Transcribe the stretch of entries below from the line with "(λ b _. bind-keeps" through the line with "unfolding handle_worker record_progress", exactly and with both ends included; leave out all other lines.

Items from a dataset:

============

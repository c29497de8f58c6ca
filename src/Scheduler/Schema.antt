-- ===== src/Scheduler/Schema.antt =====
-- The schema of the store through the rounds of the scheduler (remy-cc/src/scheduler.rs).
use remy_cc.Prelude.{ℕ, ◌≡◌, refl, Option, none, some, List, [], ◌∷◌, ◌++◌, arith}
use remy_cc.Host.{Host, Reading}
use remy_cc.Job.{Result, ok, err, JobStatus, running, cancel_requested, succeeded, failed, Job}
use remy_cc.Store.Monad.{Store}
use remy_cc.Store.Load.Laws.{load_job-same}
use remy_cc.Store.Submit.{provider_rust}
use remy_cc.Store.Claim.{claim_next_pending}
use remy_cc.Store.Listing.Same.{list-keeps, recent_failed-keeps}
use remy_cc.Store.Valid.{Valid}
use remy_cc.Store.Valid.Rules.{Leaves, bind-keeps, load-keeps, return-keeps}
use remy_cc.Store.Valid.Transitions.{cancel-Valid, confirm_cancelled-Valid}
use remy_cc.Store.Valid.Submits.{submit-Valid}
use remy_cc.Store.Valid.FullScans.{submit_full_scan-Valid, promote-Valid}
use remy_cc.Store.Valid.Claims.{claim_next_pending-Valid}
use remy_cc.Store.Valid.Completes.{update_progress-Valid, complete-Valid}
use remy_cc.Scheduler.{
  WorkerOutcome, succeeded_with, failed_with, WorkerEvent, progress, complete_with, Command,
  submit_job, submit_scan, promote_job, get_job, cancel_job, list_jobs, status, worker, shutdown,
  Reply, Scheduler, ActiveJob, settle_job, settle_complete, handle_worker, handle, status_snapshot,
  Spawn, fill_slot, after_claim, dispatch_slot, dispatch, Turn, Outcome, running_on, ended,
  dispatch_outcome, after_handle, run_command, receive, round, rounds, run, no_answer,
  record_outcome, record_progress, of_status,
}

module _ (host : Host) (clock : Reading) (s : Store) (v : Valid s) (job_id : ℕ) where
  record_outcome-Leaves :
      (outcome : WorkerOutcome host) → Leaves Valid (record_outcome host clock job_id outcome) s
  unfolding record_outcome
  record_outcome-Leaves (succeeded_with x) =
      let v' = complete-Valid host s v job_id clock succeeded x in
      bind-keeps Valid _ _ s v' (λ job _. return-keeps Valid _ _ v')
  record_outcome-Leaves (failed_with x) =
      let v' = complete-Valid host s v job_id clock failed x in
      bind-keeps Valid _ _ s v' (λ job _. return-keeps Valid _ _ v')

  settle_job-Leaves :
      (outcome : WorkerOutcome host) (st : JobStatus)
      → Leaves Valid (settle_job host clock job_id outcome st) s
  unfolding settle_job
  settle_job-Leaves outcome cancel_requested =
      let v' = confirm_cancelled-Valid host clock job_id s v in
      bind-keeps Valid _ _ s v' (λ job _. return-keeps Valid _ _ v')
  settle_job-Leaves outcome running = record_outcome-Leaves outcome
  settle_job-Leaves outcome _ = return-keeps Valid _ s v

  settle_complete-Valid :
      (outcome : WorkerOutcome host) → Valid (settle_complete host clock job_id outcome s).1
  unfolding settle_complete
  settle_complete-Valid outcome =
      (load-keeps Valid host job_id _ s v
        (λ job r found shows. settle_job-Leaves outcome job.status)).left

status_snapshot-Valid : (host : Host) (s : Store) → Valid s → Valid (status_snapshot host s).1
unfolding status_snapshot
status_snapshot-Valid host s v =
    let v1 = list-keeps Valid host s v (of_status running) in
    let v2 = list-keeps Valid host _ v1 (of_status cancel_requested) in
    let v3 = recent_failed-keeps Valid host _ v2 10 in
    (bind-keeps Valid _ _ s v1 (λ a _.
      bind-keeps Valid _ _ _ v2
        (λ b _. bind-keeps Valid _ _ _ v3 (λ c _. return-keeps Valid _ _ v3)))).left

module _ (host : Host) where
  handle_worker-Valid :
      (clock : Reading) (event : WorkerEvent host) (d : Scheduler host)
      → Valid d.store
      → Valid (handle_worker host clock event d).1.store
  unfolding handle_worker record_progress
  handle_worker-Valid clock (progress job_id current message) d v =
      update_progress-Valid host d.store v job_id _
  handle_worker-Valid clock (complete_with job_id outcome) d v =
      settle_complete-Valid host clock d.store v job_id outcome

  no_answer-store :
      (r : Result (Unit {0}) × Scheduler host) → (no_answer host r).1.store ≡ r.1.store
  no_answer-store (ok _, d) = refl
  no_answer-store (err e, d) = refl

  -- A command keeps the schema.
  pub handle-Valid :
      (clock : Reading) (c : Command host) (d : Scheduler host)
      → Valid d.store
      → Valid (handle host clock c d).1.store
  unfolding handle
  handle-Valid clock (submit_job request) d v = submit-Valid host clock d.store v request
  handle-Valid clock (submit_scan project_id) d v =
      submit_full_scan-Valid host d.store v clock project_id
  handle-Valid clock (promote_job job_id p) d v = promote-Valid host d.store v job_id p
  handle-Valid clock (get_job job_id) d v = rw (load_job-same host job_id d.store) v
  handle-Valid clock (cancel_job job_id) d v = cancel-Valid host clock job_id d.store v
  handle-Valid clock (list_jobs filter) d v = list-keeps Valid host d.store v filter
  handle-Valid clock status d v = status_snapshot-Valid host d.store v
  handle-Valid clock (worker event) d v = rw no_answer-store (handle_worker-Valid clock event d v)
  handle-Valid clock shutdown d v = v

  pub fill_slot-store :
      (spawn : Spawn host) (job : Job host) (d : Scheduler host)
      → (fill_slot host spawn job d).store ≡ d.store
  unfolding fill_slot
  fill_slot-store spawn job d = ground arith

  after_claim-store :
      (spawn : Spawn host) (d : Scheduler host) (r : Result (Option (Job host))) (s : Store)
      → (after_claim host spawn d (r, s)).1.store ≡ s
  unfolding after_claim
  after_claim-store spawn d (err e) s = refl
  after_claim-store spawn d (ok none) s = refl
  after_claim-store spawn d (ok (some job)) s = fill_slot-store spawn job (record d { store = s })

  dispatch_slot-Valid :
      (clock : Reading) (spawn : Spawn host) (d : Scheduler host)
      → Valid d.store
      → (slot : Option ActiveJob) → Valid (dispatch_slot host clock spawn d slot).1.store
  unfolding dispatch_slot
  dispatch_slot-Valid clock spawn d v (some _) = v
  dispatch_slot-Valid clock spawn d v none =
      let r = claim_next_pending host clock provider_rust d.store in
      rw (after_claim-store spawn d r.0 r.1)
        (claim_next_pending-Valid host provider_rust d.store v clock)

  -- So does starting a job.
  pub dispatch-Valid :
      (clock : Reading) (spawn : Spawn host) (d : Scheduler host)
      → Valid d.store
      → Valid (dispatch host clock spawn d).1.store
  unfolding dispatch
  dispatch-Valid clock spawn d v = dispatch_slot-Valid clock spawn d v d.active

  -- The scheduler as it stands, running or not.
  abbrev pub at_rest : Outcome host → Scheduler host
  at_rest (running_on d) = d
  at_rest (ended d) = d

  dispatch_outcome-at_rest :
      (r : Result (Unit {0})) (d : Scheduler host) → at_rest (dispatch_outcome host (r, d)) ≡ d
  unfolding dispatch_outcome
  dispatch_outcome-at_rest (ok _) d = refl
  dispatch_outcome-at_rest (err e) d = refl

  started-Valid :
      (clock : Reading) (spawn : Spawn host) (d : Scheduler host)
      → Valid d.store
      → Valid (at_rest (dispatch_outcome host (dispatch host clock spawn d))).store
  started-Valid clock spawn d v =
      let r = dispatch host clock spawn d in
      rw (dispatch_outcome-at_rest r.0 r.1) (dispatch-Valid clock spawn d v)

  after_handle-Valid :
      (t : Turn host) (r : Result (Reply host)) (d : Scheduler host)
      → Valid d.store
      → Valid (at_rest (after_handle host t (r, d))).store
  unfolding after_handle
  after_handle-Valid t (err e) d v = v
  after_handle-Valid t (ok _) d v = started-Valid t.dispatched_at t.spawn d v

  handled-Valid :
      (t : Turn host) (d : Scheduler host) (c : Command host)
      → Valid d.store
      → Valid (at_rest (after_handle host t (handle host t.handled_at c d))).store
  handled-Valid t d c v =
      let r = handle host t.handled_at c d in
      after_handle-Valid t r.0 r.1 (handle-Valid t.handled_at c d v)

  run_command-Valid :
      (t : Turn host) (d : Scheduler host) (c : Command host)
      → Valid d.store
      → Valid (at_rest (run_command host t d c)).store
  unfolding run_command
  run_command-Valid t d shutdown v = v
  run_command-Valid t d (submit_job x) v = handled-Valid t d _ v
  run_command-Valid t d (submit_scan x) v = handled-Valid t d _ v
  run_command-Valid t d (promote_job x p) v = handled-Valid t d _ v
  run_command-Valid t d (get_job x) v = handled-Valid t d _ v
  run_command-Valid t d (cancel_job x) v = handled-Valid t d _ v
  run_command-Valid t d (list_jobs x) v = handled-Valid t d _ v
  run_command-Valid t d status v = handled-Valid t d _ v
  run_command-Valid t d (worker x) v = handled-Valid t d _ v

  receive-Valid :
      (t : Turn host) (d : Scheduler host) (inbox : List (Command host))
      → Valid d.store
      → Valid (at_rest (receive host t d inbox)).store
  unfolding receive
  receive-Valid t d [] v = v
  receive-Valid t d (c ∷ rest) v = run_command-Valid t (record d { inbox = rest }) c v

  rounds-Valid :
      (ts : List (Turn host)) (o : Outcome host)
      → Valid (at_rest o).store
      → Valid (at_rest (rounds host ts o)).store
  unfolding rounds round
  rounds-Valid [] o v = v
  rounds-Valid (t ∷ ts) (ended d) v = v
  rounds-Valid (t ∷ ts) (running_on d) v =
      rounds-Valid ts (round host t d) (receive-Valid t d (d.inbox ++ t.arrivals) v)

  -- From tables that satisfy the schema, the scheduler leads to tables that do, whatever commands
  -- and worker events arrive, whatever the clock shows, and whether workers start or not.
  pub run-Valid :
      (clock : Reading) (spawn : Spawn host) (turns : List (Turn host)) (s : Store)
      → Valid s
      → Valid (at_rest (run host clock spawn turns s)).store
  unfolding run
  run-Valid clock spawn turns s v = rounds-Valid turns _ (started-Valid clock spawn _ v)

============

# [SOLUTION TO THE EXERCISE]
        (λ b _. bind-keeps Valid _ _ _ v3 (λ c _. return-keeps Valid _ _ v3)))).left

module _ (host : Host) where
  handle_worker-Valid :
      (clock : Reading) (event : WorkerEvent host) (d : Scheduler host)
      → Valid d.store
      → Valid (handle_worker host clock event d).1.store
  unfolding handle_worker record_progress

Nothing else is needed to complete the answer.